L’Afrique est sans aucun doute, le prochain territoire de conquête de la finance islamique, prédisent les spécialistes. La faible inclusion financière des populations ouvre aux produits bancaires ou d’assurance «charia compliant» de formidables relais de croissance. Si les banquiers, les assureurs, les opérateurs de la microfinance ou les fonds d’investissement arrivent à mettre à profit l’aubaine démographique que représentent les 635 millions de musulmans qui vivront sur le continent d’ici 2030 -c’est déjà demain-, alors oui, il ne fait aucun doute qu’ils pourraient décrocher le jackpot. Mais attention, le seul argument éthique ne suffira pas à vendre les services financiers charia compatibles. Une banque islamique est d’abord une banque universelle. A ce titre, elle ne s’adresse pas qu’aux musulmans, qui est certes sa cible naturelle, mais à tout le marché. Se présenter comme la «banque des musulmans» a été le piège dans lequel sont tombées les banques islamiques du continent.

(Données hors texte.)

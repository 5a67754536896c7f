-- ===== src/Acceptance/Independence.antt =====
-- Who may accept whose work: the separation of operators in an accepted claim plan.
use ormas_subnet.Common.{
  ℕ, ◌<◌, arr, of_list, String, ◌≡◌, ◌≢◌, true, false, List, [], ◌∷◌, Value, obj, int, Entries, ok,
  ◌>>◌, pos, length, map, arith, All, elem, distinct, eq_iff, Ensures-eq-ok, and-eq-true, ◌∙◌, sym,
}
use ormas_subnet.Acceptance.Policy.{field, validate_acceptance_policy, is_operator_run}
use ormas_subnet.Acceptance.Contract.{
  check_parties, validate_acceptance_contract, text_of, texts, all_from, any_from,
}
use ormas_subnet.Acceptance.Laws.{contract-Parts, validate_subject-Ensures}
use ormas_subnet.Acceptance.Counts.{validate_acceptance_policy-IsCounted}

-- No text of the list occurs twice.
abbrev pub AreDistinct : List String → Type 0
AreDistinct [] = Unit
AreDistinct (x ∷ xs) = All (λ y. x ≢ y) xs × AreDistinct xs

not-elem : (x : String) (xs : List String) → elem x xs ≡ false → All (λ y. x ≢ y) xs
not-elem x [] h = tt
not-elem x (y ∷ ys) h = ground (arith, eq_iff x y, not-elem x ys)

distinct-AreDistinct : (xs : List String) → distinct xs ≡ true → AreDistinct xs
distinct-AreDistinct [] h = tt
distinct-AreDistinct (x ∷ xs) h = ground (arith, not-elem x xs, distinct-AreDistinct xs)

all_from-All :
    (operator : String) (vs : List Entries)
    → all_from operator vs ≡ true
    → All (λ v. text_of "operator_id" v ≡ operator) vs
all_from-All operator [] h = tt
all_from-All operator (v ∷ vs) h =
    let (here, later) = and-eq-true _ _ h in ((eq_iff _ _).0 here, all_from-All operator vs later)

any_from-All :
    (operator : String) (vs : List Entries)
    → any_from operator vs ≡ false
    → All (λ v. text_of "operator_id" v ≢ operator) vs
any_from-All operator [] h = tt
any_from-All operator (v ∷ vs) h =
    let s = text_of "operator_id" v in ground (arith, eq_iff s operator, any_from-All operator vs)

-- What the parties of an accepted plan satisfy.
pub record AreSeparate (policy miner : Entries) (validators : List Entries) : Type 0 where
  pub subjects : AreDistinct (texts "subject_id" validators)
  pub credentials : AreDistinct (texts "credential_id" validators)
  pub operators : AreDistinct (texts "operator_id" validators)
  pub independent :
      is_operator_run policy ≡ false
      → All (λ v. text_of "operator_id" v ≢ text_of "operator_id" miner) validators
  pub named :
      is_operator_run policy ≡ true
      → All (λ v. text_of "operator_id" v ≡ text_of "validator_operator_id" policy) validators

check_parties-AreSeparate :
    (policy miner : Entries) (validators : List Entries)
    → check_parties policy miner validators ≡ ok tt
    → AreSeparate policy miner validators
unfolding check_parties ◌>>◌
check_parties-AreSeparate policy miner validators h = record {
  subjects = distinct-AreDistinct _ (ground arith);
  credentials = distinct-AreDistinct _ (ground arith);
  operators = distinct-AreDistinct _ (ground arith);
  independent = λ alone. any_from-All _ validators (ground arith);
  named = λ operator. all_from-All _ validators (ground arith);
}

counts_agree : {v : Value} {m n : ℕ} → v ≡ int (pos m) → v ≡ int (pos n) → m ≡ n
counts_agree p q = ground arith

-- An accepted claim plan, as a reader of the wire sees it.
pub record IsSoundPlan (contract : Entries) : Type 0 where
  pub policy : Entries
  pub miner : Entries
  pub validators : List Entries
  pub policy_valid : validate_acceptance_policy (field "policy" contract) ≡ ok policy
  pub miner_at : field "miner" contract ≡ obj miner
  pub validators_at : field "validators" contract ≡ arr (of_list (map obj validators))
  pub required : field "required_validators" policy ≡ int (pos (length validators))
  pub nonempty : 0 < length validators
  pub separate : AreSeparate policy miner validators
  pub alone : is_operator_run policy ≡ true → length validators ≡ 1

-- A claim plan that the validator accepts is returned unchanged. Its validators are as many as
-- the policy requires, at least one, with distinct subjects, credentials and operators. Unless
-- the policy is operator-run, no validator has the miner's operator; where it is, there is one
-- validator, and its operator is the one that the policy names.
pub validate_acceptance_contract-IsSoundPlan :
    (value : Value) {contract : Entries}
    → validate_acceptance_contract value ≡ ok contract
    → (value ≡ obj contract) × IsSoundPlan contract
validate_acceptance_contract-IsSoundPlan value h =
    let (same, parts) = Ensures-eq-ok _ _ (contract-Parts value) h in
    let counted = Ensures-eq-ok _ _ (validate_acceptance_policy-IsCounted _) parts.policy_checked in
    let agree : counted.count ≡ length parts.validators = counts_agree counted.at parts.counted in
    (
      same,
      record {
        policy = parts.policy;
        miner = parts.miner;
        validators = parts.validators;
        policy_valid = parts.policy_checked;
        miner_at = Ensures-eq-ok _ _ (validate_subject-Ensures true _) parts.miner_checked;
        validators_at = parts.validators_at;
        required = parts.counted;
        nonempty = rw agree at counted.positive;
        separate = check_parties-AreSeparate _ _ _ parts.parties;
        alone = λ run. sym agree ∙ counted.single run;
      },
    )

Or, leur succès passe par le dépassement de son territoire «naturel». Les banques islamiques devront faire preuve d’imagination pour aller chercher ces millions de petits commerçants et entrepreneurs individuels qui thésaurisent leur cash par méfiance de la banque ou parce qu’ils estiment que «c’est plus sécurisant de mobiliser leur argent de chez eux».

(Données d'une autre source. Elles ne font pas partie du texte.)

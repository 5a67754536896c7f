-- ===== src/Acceptance/Tests.antt =====
-- The claim plan at a concrete value.
use ormas_subnet.Common.{
  ◌≡◌, refl, String, [], ◌∷◌, pos, str, obj, int, arr, of_list, Entries, end, entry, hex_of_length,
  nonblank, is_space, ok, is_ok, false, ◌>>=◌, ◌>>◌,
}
use ormas_subnet.Acceptance.Policy.{
  require_exact_dict, require_nonblank, require_positive_int, is_catalog_digest, check_terms,
  validate_slotted_policy, validate_flat_policy, validate_acceptance_policy, is_operator_run,
  acceptance_task_cell,
}
use ormas_subnet.Acceptance.Contract.{
  validate_subject, is_public_key, validate_validators, check_parties, list_of,
  validate_acceptance_contract,
}
use ormas_subnet.Acceptance.Independence.{IsSoundPlan, validate_acceptance_contract-IsSoundPlan}

abbrev digest : String
digest = "0123456789abcdef0123456789abcdef0123456789abcdef0123456789abcdef"

abbrev policy : Entries
policy = entry "schema_version" (str "ormas.public-acceptance-policy.v3") (
    entry "verification_mode" (str "independent") (
      entry "required_validators" (int (pos 1)) (
        entry "catalog_digest"
          (str "sha256:0123456789abcdef0123456789abcdef0123456789abcdef0123456789abcdef")
          (entry "profile_id" (str "p1") (
            entry "protocol" (str "ormas.public-acceptance-contract.v3")
              (entry "liveness_s" (int (pos 60)) (entry "timeout_s" (int (pos 90)) end)))))))

abbrev subject : String → String → Entries → Entries
subject operator credential more = entry "subject_id" (str operator) (
    entry "operator_id" (str operator)
      (entry "qualification_id" (str "q") (entry "credential_id" (str credential) more)))

abbrev plan_with : String → Entries
plan_with operator = entry "schema_version" (str "ormas.public-acceptance-contract.v3") (
    entry "policy" (obj policy) (
      entry "miner" (obj (subject "m" "c" (entry "miner_id" (str "m1") end))) (
        entry "validators" (arr (of_list (obj (subject operator digest end) ∷ [])))
          (entry "claim_nonce" (str "n") end))))

plan_is_accepted : validate_acceptance_contract (obj (plan_with "v")) ≡ ok (plan_with "v")
unfolding validate_acceptance_contract require_exact_dict require_nonblank require_positive_int
    is_catalog_digest check_terms validate_slotted_policy validate_flat_policy
    validate_acceptance_policy is_operator_run validate_subject is_public_key validate_validators
    check_parties list_of hex_of_length nonblank is_space ◌>>=◌ ◌>>◌
plan_is_accepted = refl

-- The miner's own operator cannot accept its work.
own_operator_is_refused : is_ok (validate_acceptance_contract (obj (plan_with "m"))) ≡ false
unfolding validate_acceptance_contract require_exact_dict require_nonblank require_positive_int
    is_catalog_digest check_terms validate_slotted_policy validate_flat_policy
    validate_acceptance_policy is_operator_run validate_subject is_public_key validate_validators
    check_parties list_of hex_of_length nonblank is_space ◌>>=◌ ◌>>◌
own_operator_is_refused = refl

independent_cell : acceptance_task_cell (obj policy) ≡ ok "task:acceptance/independent-v3"
unfolding acceptance_task_cell require_exact_dict require_nonblank require_positive_int
    is_catalog_digest check_terms validate_slotted_policy validate_flat_policy
    validate_acceptance_policy is_operator_run hex_of_length nonblank is_space ◌>>=◌ ◌>>◌
independent_cell = refl

validate_acceptance_contract-IsSoundPlan_example :
    (obj (plan_with "v") ≡ obj (plan_with "v")) × IsSoundPlan (plan_with "v")
validate_acceptance_contract-IsSoundPlan_example =
    validate_acceptance_contract-IsSoundPlan (obj (plan_with "v")) plan_is_accepted
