-- ===== src/Intake.antt =====
-- The intake checks of protected/worker/conformance/intake_check.py: paths and patterns of an
-- allowlist, and the patches that a worker hands in.
pub mod Segment
pub mod Paths
mod Tests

La finance islamique devrait surtout éviter de tomber dans l’erreur commise par les banques conventionnelles qui ont longtemps snobé, voire méprisé les «petits» entrepreneurs au motif qu’ils ne disposeraient pas de liasse et d’historique comptables. Ce qui est totalement faux car l’écrasante majorité d’entre eux ou plutôt d’entre elles, tiennent une comptabilité de caisse qui leur permet de piloter et de faire grandir leur affaire. L’autre challenge qui n’est pas gagné, consiste à toucher une clientèle qui s’exclue volontairement du système financier pour des raisons inhérentes à ses convictions religieuses.

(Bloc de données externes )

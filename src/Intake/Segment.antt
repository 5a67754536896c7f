-- ===== src/Intake/Segment.antt =====
-- `_segment_glob_match` of protected/worker/conformance/intake_check.py: one path segment against
-- a pattern, with the last star as the only point to go back to.
pub mod Matching
pub mod Correct
pub mod Rounds
use Prim.Native.Char.{code}
use Prim.Native.String.{[], ◌∷◌}
use ormas_subnet.Common.{
  ℕ, zero, suc, ◌+◌, ◌*◌, ◌==◌, ◌&&◌, ◌||◌, Bool, true, false, String, Option, none, some, len,
  if◌then◌else◌,
}

-- The pattern after the last star (`pattern[star + 1:]`), and `segment[match_i:]`.
pub record Mark : Type 0 where
  pub pattern : String
  pub segment : String

-- `segment[i:]`, `pattern[j:]`, and the mark where `star >= 0`.
pub record Scan : Type 0 where
  pub segment : String
  pub pattern : String
  pub mark : Option Mark

pub data Next : Type 0 where
  answer : Bool → Next
  go_on : Scan → Next

abbrev pub scan_at : String → String → Option Mark → Next
scan_at segment pattern mark = go_on (record { segment = segment; pattern = pattern; mark = mark })

abbrev pub mark_at : String → String → Option Mark
mark_at pattern segment = some (record { pattern = pattern; segment = segment })

-- The loop after the one over the segment: only stars are left.
abbrev pub all_stars : String → Bool
all_stars [] = true
all_stars (a ∷ pattern) = (code a == b'*') && all_stars pattern

abbrev pub tail : String → String
tail [] = []
tail (c ∷ s) = s

-- Back to the last star, which takes one character more.
abbrev pub go_back : Option Mark → Next
go_back none = answer false
go_back (some m) = scan_at (tail m.segment) m.pattern (mark_at m.pattern (tail m.segment))

-- One round of the loop, by what is left of the segment and of the pattern.
unfoldable pub step : String → String → Option Mark → Next
step [] pattern mark = answer (all_stars pattern)
step (c ∷ segment) [] mark = go_back mark
step (c ∷ segment) (a ∷ pattern) mark =
    if code a == b'*'
    then scan_at (c ∷ segment) pattern (mark_at pattern (c ∷ segment))
    else if (code a == b'?') || (code a == code c)
    then scan_at segment pattern mark
    else go_back mark

abbrev pub then_scan : (Scan → Option Bool) → Next → Option Bool
then_scan loop (answer b) = some b
then_scan loop (go_on s) = loop s

-- The loop on fuel: none when it runs out.
unfoldable pub scan : ℕ → Scan → Option Bool
scan zero s = none
scan (suc fuel) s = then_scan (λ t. scan fuel t) (step s.segment s.pattern s.mark)

abbrev pub rounds : String → String → ℕ
rounds segment pattern = suc ((len segment + 1) * (len pattern + 1) + len pattern)

unfoldable pub segment_glob_match : String → String → Option Bool
segment_glob_match segment pattern =
    scan (rounds segment pattern) (record { segment = segment; pattern = pattern; mark = none })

Les émissions des sukuk par les Etats animent le marché
Par leur impulsion et en tant que régulateurs, les pouvoirs publics jouent un rôle de premier plan dans le développement de la finance islamique. Dans nombre de pays d’Afrique de l’Ouest, les Etats participent à l’animation du marché à travers l’émission d’obligations souveraines « charia compliant », des sukuk pour financer leurs budgets ou des infrastructures. La Côte d’Ivoire, le Sénégal, le Togo et le Nigeria ont levé avec succès plusieurs milliards d’euros d’obligations «islamiques». Ces Sukuk sont cotés à la Bourse des valeurs mobilières d’Abidjan, ce qui permet d’augmenter leur liquidité ainsi que leur attractivité auprès des investisseurs potentiels, notamment les puissants fonds basés dans les pays du Golfe. De son côté, le Mali a financé la construction d’un important programme de logements sociaux avec une partie des fonds qu’il a mobilisés suite à l’émission de son premier Sukuk, par l’opération « Sukuk Etat du Mali 6,25% 2018-2025 ».
Cependant, en ce qui concerne la régulation, il faut faire preuve de diligence en matière de réglementation et sortir des ambiguïtés. Le cas marocain est édifiant à cet égard. Par crainte de donner du grain à moudre aux islamistes, les autorités ont opté pour l’appellation «banques participatives» et non «islamiques» à la création de ces établissements il y a cinq ans. A cela s’ajoute la volonté de promouvoir un système bancaire stable et local car les banques islamiques étaient aux yeux de l’opinion publique synonymes de banques étrangères en provenance des pays du Golfe, explique un analyste bancaire.